Thanks That was easy- I was trying all this time from my phone. the comp is easer- the pic was in the wrong place on my phone- shitty pic and how big it is makes me look small
Thanks you


----------



## chrisr116 (Sep 24, 2014)

Damn, you look great from what I can see.  Good work man.  Especially those lats.


----------



## d2r2ddd (Sep 25, 2014)

those caps on the delts


----------



## AnaSCI (Sep 25, 2014)

squatster said:


> Thanks That was easy- I was trying all this time from my phone. the comp is easer- the pic was in the wrong place on my phone- shitty pic and how big it is makes me look small
> Thanks you



No problem.

Looking good!


----------



## squatster (Sep 25, 2014)

this may be a little better


----------



## Old Man River (Sep 25, 2014)

Squatster, great V - taper . How about the legs? The name Squatster makes me think of monster wheels! Later,OMR


----------



## squatster (Sep 26, 2014)

2003 show- this pic of th night show- this is me flat as hell- no vains and the legs where gone
can't find any leg shots yet


----------



## squatster (Sep 26, 2014)

not sure what year


----------



## squatster (Sep 26, 2014)

I will be the first to say and very surprised no one had said any thing yet- I need help with the arms- had great arms till I got ready for my first show in 2003. Maybe it is from when I tore my shoulder? How the hell do I get the arm back. Biggest ever got them was in the 20's
It rots- back then we didn't have cell phones for picks and I never thought I was big enough for photo's.


----------



## Old Man River (Sep 26, 2014)

Great shape to the arms . Take a good off season of focus on compound movements for triceps and biceps. Don't worry about shaping movements for three months . You need some meat and potatoes on the bi's and tri's! Barbell curls, Preacher bench barbell curls, and Hammer dumbell curls.Laying down Barbell tricep press, close grip barbell tricep presses , dips on machine or bench. And eat! Later OMR


----------



## Elvia1023 (Sep 30, 2014)

You look great matey. You should be proud of what you have done to your body.
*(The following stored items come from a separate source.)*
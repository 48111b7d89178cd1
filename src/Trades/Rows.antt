-- ===== src/Trades/Rows.antt =====
-- The state that backend/src/engine/loop.ts keeps of open trades: the rows of trades and orders, and
-- the process's own maps of excursions and of trades whose entry was checked. The texts of a row are
-- left out but for which note its close adds. An operation of a broker that may be absent or be
-- rejected answers `false` or `none` then. Times are milliseconds.
use tera_trade.Prelude.{
  Bool, List, Option, String, [], any, find, if◌then◌else◌, none, not, some, str_eq, ℕ, ◌&&◌, ◌==◌,
  ◌∷◌,
}
use tera_trade.Brokers.Types.{OrderSide, OrderType, buy, sell}
use tera_trade.Market.{Side, long, short}
use tera_trade.Risk.Brackets.{TickBand}

pub data BrokerKind : Type 0 where
  simulated projectx browser_control tradesea_browser_control : BrokerKind

abbrev kind_number : BrokerKind → ℕ
kind_number simulated = 0
kind_number projectx = 1
kind_number browser_control = 2
kind_number tradesea_browser_control = 3

abbrev pub kind_eq : BrokerKind → BrokerKind → Bool
kind_eq a b = kind_number a == kind_number b

pub data ExitReason : Type 0 where
  by_stop by_target by_trailing_stop auto_reconciled : ExitReason

-- `customTag`
pub data CloseTag : Type 0 where
  estimated_from_bracket estimated_from_trailing_stop estimated_from_take_profit_order : CloseTag
  forced_after_bracket_failure forced_close_via_opposite_order : CloseTag
  closed_red_outside_chart_box : CloseTag

-- The note that a close adds to the explanation.
pub data ExitNote : Type 0 where
  no_note real_fill bracket_estimate trailing_estimate forced forced_opposite : ExitNote
  reconciled_real reconciled_unknown : ExitNote

pub record TradeRow (D : Type 0) : Type 0 where
  pub id : ℕ
  pub account_id : ℕ
  pub symbol : String
  pub broker_kind : BrokerKind
  pub side : Side
  pub quantity : ℕ
  pub entry_time : ℕ
  pub entry_price : D
  pub stop_price : D
  pub take_profit_price : Option D
  pub is_open : Bool
  pub trailing_stop_placed : Bool
  pub take_profit_order_placed : Bool
  pub let_it_ride : Bool
  pub exit_time : Option ℕ
  pub exit_price : Option D
  pub exit_reason : Option ExitReason
  pub exit_note : ExitNote
  pub pnl : Option D
  pub fees : Option D
  pub mae : Option D
  pub mfe : Option D
  pub broker_order_id : Option String

-- `orderRecord`, of an order that protects a trade.
pub record ProtectiveOrder (D : Type 0) : Type 0 where
  pub trade_id : ℕ
  pub order_type : OrderType
  pub side : OrderSide
  pub price : Option D
  pub quantity : ℕ

pub record Excursion (D : Type 0) : Type 0 where
  pub mfe : D
  pub mae : D

pub record ClosedTradeHistoryEntry (D : Type 0) : Type 0 where
  pub broker_trade_id : String
  pub quantity : ℕ
  pub side : Side
  pub entry_time : ℕ
  pub exit_time : ℕ
  pub entry_price : D
  pub exit_price : D
  pub total_deductions : D
  pub net_pnl : D

pub record InstrumentSpec (D : Type 0) : Type 0 where
  pub tick_size : D
  pub point_value : D
  pub max_fill_deviation_points : D
  pub trailing_stop_tick_band : Option TickBand

pub record LiveOps (D B : Type 0) : Type 0 where
  pub is_position_flat : String → B → Option Bool × B
  pub cancel_resting_order : Option (String → B → Bool × B)
  pub place_trailing_stop : String → Side → ℕ → ℕ → B → Bool × B
  pub place_take_profit_order : String → Side → ℕ → D → B → Bool × B
  pub request_close_position : String → B → Bool × B
  pub flatten_position : String → Side → ℕ → B → Bool × B
  pub read_open_position_entry_price : String → B → Option D × B
  pub read_closed_trade_history : String → B → Option (List (ClosedTradeHistoryEntry D)) × B

pub record TradeWorld (D B : Type 0) : Type 0 where
  pub broker_state : B
  pub trades : List (TradeRow D)
  pub orders : List (ProtectiveOrder D)
  pub excursions : List (ℕ × Excursion D)
  pub entry_checked : List ℕ

abbrev pub closing_side : Side → OrderSide
closing_side long = sell
closing_side short = buy

module _ {D : Type 0} where
  -- `trade.findFirst({ where: { id, accountId, status: "open" } })`
  unfoldable pub find_open : ℕ → ℕ → List (TradeRow D) → Option (TradeRow D)
  find_open i account = find (λ t. t.id == i && (t.account_id == account && t.is_open))

  -- `trade.update({ where: { id }, data })`
  unfoldable pub update_trade :
      ℕ → (TradeRow D → TradeRow D) → List (TradeRow D) → List (TradeRow D)
  update_trade i change [] = []
  update_trade i change (t ∷ trades) =
      (if t.id == i then change t else t) ∷ update_trade i change trades

  unfoldable pub find_trade : ℕ → List (TradeRow D) → Option (TradeRow D)
  find_trade i = find (λ t. t.id == i)

  -- `trade.findFirst({ where: { accountId, symbol, status: "open" } })`, of the others than a trade.
  unfoldable pub other_open : ℕ → ℕ → String → List (TradeRow D) → Bool
  other_open i account symbol =
      any
        (λ t. not (t.id == i) && (t.account_id == account && (str_eq t.symbol symbol && t.is_open)))

  unfoldable pub any_open : ℕ → String → List (TradeRow D) → Bool
  any_open account symbol =
      any (λ t. t.account_id == account && (str_eq t.symbol symbol && t.is_open))

-- `Map` and `Set` with ids as keys: a later entry of a key is not read.
unfoldable pub excursion_of : {D : Type 0} → ℕ → List (ℕ × Excursion D) → Option (Excursion D)
excursion_of i [] = none
excursion_of i ((j, e) ∷ m) = if j == i then some e else excursion_of i m

unfoldable pub set_excursion :
    {D : Type 0} → ℕ → Excursion D → List (ℕ × Excursion D) → List (ℕ × Excursion D)
set_excursion i e [] = (i, e) ∷ []
set_excursion i e ((j, f) ∷ m) =
    let rest = set_excursion i e m in if j == i then (i, e) ∷ m else (j, f) ∷ rest

unfoldable pub delete_excursion : {D : Type 0} → ℕ → List (ℕ × Excursion D) → List (ℕ × Excursion D)
delete_excursion i [] = []
delete_excursion i ((j, f) ∷ m) =
    let rest = delete_excursion i m in if j == i then rest else (j, f) ∷ rest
I know most are never happy and always want more but seriously you look great.


----------



## squatster (Oct 3, 2014)

Top pic I was 209 lbs
Second at show - was only 186-190 in morning
The last ones think I was around 205 lbs
Seems like it was yesterday- The top and the last ones I was eating shit food - the show I dieted for 5 weeks- I have the curse of a fast metabolism


----------



## Thunder46 (Oct 3, 2014)

Looking good really nice delts and back


----------



## squatster (Oct 3, 2014)

Thanks guys-it really means a lot from you guys


----------



## squatster (Jan 13, 2016)

*found old pic*

I found a few other old pics have to take pics of pics
16 weeks out from gold classic in New York


----------



## squatster (Jan 13, 2016)

*this is me a long time ago*

This must be from 15 or 20 years ago


----------



## Phoe2006 (Jan 13, 2016)

Looking good brother even if it was 15-20 years ago


----------



## 101st Ranger (Jan 15, 2016)

Solid pics bro! Hard work payin' off right there. Very impressive!!!


----------



## BigBob (Jan 15, 2016)

Nice! That's something to be proud of.


----------



## Marshall (Jan 23, 2016)

Nice classic physique you had there squatster. Good job.


----------



## squatster (Jan 24, 2016)

*pic from 1986*

This is 1 I found from 1986 I was 17 or 18
My waste was 25" with arms at 18' I thought I sucked so bad
I did suck at posing


----------



## BigBob (Jan 25, 2016)

LOL 25" waist and 18 inch arms! And you thought you sucked! Funny how hard we are on ourselves......


----------



## monstar845935 (Jan 25, 2016)

Your a beast squatster


----------



## squatster (Jan 29, 2016)

Thanks guys - 
hope I can come back again- don't think the waist will come back and don't think I will ever see 21" arms ever again (wish I had pics of that) funny every one would point and you could here all the big dudes saying look at those F. N arms -I would be looking for the arms when they said that my self - didn't know the arms were mine.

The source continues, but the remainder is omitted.